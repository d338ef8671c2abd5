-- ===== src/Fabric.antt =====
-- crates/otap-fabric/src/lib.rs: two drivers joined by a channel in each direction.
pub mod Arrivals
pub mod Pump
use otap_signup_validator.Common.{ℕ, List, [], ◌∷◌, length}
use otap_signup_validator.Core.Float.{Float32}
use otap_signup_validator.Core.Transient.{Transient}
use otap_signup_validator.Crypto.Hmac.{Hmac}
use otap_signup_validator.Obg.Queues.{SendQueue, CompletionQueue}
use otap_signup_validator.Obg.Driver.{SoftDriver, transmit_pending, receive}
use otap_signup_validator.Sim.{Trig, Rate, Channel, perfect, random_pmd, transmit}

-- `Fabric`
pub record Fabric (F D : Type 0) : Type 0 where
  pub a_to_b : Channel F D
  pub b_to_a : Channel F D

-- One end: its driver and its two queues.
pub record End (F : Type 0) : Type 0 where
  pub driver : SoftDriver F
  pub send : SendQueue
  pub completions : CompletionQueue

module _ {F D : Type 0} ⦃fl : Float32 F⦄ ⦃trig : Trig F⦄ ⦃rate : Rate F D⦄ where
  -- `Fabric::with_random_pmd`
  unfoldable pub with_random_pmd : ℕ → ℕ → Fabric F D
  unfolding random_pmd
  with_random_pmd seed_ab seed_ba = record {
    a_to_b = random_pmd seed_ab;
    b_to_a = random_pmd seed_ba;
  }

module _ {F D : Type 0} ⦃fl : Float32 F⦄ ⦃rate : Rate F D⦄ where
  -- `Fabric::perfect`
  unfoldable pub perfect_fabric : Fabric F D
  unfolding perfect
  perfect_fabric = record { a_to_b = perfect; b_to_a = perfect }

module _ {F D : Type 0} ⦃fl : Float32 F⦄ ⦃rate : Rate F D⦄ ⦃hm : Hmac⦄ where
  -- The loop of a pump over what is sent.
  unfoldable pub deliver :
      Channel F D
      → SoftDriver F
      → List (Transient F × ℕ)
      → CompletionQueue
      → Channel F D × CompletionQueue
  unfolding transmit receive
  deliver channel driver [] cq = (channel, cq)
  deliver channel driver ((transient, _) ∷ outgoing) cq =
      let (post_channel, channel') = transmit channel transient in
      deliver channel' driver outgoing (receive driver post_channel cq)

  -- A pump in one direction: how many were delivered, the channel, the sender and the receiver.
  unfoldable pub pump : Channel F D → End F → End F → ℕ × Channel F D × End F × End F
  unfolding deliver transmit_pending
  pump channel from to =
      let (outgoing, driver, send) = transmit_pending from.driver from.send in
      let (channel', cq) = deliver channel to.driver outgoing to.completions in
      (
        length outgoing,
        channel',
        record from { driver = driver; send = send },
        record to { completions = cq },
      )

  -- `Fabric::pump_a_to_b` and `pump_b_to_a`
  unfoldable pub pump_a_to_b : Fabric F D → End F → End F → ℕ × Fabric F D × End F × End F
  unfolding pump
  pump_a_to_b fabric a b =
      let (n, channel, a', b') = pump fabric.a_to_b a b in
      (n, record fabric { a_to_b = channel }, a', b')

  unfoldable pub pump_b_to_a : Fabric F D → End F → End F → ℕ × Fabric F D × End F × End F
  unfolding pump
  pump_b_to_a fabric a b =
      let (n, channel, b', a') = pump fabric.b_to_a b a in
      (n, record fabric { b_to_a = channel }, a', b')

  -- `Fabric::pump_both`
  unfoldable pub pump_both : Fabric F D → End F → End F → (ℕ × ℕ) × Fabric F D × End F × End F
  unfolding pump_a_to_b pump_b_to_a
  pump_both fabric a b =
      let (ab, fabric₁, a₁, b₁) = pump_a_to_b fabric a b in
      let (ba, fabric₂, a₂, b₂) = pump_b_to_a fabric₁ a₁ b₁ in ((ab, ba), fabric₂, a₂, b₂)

****************

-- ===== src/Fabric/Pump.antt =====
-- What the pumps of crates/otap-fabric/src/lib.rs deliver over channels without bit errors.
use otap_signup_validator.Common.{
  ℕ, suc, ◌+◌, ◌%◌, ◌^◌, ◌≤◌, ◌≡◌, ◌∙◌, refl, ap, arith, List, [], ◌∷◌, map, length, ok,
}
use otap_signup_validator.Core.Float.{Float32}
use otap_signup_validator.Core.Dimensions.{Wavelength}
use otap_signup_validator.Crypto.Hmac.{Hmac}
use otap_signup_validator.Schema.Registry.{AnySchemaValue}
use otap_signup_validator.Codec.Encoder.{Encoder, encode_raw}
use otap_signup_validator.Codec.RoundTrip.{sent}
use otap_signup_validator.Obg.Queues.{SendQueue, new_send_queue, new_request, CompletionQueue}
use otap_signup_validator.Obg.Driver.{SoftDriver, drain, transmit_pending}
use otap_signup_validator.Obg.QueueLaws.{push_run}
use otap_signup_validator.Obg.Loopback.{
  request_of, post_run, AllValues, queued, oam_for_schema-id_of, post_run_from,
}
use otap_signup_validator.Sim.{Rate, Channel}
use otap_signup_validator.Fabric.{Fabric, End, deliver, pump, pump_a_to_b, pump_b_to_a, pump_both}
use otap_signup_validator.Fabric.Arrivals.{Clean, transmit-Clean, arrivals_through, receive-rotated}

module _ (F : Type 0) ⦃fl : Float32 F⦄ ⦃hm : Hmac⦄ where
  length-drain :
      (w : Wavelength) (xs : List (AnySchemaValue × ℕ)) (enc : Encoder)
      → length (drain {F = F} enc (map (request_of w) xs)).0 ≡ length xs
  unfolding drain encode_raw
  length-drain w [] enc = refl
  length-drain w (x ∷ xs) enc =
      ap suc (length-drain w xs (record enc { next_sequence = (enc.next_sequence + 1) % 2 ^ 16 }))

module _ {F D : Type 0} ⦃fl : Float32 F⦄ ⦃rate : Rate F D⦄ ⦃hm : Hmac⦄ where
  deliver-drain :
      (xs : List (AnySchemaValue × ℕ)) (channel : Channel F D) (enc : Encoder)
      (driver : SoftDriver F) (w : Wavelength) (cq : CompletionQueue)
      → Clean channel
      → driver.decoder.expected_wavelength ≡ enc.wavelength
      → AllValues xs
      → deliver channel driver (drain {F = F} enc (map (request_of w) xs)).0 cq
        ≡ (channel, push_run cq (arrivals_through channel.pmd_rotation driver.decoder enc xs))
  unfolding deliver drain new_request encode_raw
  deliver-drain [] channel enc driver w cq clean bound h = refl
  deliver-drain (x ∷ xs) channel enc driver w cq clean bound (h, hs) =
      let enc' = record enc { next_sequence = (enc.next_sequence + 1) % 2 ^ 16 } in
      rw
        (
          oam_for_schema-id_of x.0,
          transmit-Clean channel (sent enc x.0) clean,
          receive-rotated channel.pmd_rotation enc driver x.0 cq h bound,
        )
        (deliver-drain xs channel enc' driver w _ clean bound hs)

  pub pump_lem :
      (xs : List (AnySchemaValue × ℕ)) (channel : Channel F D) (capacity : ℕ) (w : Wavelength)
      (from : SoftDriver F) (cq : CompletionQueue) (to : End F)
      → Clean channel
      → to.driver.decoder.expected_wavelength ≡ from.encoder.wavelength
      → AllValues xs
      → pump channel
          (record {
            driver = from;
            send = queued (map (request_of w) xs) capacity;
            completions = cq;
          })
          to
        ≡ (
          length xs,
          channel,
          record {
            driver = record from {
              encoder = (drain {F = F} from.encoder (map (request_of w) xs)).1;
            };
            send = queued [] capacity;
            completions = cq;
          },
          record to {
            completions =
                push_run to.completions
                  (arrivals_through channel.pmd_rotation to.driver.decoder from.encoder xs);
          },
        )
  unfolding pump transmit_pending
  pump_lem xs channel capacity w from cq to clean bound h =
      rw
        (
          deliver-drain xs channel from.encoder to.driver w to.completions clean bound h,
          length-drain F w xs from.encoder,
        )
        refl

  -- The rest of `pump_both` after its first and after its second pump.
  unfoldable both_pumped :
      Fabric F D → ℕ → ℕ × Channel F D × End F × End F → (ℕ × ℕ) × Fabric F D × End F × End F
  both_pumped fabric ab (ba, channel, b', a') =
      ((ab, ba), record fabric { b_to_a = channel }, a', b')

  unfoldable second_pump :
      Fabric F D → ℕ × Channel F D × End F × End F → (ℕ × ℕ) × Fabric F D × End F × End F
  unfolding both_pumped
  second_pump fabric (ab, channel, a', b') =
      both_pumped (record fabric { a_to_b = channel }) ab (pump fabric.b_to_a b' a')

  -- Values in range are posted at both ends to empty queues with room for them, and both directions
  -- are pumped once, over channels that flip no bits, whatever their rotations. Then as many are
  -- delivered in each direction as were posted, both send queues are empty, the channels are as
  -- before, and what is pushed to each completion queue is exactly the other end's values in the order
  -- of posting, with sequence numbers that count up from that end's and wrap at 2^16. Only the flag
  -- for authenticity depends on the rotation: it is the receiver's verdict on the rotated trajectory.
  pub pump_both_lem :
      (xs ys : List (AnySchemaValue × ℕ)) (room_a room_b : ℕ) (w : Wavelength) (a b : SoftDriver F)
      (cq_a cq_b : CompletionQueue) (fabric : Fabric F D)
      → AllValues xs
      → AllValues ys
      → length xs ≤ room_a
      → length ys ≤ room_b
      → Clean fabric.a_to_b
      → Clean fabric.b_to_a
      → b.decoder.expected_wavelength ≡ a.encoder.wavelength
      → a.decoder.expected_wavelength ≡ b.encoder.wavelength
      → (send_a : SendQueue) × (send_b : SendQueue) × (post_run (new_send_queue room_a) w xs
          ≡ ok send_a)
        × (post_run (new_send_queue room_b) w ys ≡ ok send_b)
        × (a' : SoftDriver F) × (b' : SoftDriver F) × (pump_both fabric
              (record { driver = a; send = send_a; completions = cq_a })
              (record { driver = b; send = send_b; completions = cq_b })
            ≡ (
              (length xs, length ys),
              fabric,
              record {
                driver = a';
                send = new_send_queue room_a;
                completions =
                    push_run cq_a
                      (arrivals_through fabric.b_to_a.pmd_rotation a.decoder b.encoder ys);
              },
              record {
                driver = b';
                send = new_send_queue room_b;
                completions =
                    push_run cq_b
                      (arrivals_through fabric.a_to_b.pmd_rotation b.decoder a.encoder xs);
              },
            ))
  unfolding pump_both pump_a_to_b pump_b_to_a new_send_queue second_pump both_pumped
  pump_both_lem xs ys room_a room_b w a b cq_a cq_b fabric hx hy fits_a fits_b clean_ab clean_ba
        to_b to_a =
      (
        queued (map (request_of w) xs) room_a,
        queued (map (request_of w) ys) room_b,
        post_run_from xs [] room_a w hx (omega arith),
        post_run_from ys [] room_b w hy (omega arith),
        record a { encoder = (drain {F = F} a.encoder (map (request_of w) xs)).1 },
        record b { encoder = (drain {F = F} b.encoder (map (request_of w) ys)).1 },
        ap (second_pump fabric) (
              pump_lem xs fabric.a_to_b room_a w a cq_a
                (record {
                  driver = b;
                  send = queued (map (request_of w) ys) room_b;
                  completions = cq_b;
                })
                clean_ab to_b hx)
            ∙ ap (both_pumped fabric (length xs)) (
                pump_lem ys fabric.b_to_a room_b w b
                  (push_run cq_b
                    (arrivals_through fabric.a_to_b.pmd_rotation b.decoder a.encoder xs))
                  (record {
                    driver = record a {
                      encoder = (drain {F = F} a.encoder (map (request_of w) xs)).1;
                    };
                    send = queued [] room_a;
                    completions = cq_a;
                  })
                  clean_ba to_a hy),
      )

****************

§ **Task directions**
Scan the records above for the word "arith". Show each line in which it appears.

§ **Answer box**
  ℕ, suc, ◌+◌, ◌%◌, ◌^◌, ◌≤◌, ◌≡◌, ◌∙◌, refl, ap, arith, List, [], ◌∷◌, map, length, ok,
        post_run_from xs [] room_a w hx (omega arith),
        post_run_from ys [] room_b w hy (omega arith),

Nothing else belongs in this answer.